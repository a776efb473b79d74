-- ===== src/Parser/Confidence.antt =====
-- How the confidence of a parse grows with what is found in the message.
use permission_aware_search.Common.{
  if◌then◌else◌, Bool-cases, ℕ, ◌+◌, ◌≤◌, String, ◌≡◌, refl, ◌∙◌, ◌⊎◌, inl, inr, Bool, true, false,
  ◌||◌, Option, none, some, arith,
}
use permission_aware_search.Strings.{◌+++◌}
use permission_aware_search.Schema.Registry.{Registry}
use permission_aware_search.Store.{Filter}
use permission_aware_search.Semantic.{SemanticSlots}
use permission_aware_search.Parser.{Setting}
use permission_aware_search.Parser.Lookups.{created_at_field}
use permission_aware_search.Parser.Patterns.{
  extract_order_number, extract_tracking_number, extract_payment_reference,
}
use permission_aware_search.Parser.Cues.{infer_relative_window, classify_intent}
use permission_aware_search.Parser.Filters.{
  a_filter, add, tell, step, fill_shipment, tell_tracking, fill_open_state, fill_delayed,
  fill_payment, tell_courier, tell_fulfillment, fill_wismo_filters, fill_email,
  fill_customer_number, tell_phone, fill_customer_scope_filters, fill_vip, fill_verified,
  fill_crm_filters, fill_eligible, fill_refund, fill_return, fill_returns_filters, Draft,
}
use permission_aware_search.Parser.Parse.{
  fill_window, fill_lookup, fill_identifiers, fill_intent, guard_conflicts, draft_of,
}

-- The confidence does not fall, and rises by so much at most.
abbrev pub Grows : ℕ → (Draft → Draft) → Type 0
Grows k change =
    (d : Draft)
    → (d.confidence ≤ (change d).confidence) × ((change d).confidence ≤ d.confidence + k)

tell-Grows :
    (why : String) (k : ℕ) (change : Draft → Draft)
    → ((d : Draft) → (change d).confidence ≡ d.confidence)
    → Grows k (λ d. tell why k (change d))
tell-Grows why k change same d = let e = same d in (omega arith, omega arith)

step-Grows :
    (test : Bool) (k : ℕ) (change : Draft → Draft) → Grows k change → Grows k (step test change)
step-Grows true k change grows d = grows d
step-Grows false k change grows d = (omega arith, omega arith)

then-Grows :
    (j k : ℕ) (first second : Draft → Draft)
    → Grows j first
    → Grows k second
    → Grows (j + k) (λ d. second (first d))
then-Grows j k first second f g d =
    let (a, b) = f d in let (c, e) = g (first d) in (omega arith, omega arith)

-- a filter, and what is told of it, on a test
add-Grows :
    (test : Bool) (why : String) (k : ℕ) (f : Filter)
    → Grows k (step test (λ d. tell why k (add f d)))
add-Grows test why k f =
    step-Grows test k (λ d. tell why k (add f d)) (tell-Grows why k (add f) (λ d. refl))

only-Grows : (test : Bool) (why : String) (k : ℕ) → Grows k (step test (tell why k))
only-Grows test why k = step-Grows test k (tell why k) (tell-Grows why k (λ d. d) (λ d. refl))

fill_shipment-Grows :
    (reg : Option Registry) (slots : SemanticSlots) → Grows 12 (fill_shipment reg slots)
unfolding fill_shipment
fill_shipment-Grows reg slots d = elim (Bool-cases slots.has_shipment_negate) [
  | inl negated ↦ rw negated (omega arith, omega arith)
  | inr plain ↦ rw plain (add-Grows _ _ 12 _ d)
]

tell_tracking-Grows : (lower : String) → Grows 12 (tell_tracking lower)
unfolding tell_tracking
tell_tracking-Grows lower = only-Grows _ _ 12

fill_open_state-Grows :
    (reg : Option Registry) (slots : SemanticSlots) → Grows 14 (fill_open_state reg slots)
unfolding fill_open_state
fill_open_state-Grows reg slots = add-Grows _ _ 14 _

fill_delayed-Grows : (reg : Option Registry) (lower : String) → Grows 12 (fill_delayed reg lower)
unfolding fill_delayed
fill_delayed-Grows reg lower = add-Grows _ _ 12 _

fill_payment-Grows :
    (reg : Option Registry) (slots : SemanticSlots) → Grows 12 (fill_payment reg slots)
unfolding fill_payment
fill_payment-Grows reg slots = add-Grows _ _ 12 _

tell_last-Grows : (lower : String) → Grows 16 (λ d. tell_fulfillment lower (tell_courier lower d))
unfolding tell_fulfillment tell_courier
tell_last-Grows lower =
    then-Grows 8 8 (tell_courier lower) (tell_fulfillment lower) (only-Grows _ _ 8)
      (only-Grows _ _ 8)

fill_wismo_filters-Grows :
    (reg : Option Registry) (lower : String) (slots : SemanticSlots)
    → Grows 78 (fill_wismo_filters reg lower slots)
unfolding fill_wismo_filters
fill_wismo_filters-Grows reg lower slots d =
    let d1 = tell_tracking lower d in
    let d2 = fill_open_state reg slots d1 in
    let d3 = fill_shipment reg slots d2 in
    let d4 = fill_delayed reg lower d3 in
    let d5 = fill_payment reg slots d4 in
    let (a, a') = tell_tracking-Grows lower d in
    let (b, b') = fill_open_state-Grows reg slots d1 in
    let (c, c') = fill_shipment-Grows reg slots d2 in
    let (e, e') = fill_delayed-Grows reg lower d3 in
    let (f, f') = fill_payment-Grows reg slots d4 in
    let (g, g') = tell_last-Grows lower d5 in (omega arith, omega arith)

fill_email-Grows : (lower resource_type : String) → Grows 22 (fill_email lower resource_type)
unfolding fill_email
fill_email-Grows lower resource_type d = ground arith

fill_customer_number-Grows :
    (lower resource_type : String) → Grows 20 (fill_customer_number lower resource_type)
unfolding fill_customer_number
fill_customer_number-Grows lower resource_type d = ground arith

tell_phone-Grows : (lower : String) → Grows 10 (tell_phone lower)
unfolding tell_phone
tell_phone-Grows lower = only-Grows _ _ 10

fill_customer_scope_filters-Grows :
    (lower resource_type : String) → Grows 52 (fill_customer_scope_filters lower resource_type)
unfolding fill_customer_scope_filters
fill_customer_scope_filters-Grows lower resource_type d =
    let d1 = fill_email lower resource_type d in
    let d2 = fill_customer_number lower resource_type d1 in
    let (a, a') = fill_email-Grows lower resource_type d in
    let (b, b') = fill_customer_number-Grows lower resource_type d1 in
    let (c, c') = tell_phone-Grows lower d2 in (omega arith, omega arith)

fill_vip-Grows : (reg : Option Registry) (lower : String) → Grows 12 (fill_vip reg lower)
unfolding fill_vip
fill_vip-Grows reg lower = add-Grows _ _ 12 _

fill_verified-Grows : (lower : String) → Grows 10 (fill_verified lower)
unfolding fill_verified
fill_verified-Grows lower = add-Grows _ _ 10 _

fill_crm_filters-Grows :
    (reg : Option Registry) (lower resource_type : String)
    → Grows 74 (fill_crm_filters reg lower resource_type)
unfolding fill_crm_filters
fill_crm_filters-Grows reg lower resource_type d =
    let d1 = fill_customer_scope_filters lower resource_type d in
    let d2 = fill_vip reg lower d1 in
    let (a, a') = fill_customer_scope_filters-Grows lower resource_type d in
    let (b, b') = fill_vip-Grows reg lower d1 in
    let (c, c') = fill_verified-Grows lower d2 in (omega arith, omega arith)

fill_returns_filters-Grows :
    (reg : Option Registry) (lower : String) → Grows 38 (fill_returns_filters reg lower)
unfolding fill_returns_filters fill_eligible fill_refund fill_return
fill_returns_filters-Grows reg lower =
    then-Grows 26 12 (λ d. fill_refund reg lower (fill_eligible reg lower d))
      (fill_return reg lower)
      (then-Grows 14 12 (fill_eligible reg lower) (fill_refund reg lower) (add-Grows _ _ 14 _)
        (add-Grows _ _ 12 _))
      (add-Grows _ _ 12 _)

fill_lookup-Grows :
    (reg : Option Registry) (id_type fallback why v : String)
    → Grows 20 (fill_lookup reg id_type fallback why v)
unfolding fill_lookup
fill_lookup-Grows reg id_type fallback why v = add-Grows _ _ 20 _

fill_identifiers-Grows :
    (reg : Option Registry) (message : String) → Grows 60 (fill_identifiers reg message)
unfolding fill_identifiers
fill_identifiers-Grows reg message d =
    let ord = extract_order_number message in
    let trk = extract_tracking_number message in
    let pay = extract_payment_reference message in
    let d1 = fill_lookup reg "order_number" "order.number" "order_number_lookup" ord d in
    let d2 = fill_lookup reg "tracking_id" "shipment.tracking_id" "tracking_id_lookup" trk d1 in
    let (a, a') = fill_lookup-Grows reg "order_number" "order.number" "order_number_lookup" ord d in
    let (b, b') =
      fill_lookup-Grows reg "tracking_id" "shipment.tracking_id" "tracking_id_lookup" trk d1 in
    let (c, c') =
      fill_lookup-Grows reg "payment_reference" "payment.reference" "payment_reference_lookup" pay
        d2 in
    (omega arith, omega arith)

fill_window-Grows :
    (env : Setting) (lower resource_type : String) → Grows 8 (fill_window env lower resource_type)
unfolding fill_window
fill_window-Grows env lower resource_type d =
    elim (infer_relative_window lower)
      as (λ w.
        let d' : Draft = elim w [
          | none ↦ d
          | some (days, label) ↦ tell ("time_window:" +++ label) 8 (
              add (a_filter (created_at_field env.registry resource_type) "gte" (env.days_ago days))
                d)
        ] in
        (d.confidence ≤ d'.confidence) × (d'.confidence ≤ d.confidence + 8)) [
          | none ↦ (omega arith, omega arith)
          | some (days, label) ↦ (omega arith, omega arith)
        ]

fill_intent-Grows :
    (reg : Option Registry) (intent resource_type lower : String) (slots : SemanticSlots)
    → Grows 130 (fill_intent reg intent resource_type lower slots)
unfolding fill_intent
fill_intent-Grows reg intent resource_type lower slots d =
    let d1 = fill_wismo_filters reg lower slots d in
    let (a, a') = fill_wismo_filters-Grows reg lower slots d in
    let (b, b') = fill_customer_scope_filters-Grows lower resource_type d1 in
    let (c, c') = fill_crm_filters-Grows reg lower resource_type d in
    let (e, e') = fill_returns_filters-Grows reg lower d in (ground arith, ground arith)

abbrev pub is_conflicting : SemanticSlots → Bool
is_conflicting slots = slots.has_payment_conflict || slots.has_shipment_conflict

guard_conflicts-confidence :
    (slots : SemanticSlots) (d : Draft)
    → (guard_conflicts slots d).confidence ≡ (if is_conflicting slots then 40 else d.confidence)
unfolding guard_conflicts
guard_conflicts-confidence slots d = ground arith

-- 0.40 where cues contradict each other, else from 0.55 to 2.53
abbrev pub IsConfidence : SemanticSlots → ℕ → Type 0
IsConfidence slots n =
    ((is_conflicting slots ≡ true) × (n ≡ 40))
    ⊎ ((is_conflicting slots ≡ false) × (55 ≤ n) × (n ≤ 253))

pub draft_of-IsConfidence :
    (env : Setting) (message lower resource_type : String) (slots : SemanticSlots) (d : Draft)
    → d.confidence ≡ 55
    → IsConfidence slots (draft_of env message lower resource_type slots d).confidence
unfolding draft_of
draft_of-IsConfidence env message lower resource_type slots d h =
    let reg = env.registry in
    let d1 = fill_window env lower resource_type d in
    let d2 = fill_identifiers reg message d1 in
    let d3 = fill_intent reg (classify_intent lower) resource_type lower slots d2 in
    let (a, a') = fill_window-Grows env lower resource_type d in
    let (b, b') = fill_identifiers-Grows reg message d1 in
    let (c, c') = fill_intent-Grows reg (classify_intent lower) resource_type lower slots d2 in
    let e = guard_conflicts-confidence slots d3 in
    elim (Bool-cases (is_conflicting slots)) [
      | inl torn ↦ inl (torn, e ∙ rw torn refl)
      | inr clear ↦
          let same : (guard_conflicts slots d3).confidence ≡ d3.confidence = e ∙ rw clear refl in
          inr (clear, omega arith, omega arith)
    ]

______________________________

* _WHAT THE EXERCISE ASKS_
Among the entries, how many lines include the word "clear"? Give only the number.

* _WRITTEN SOLUTION_
3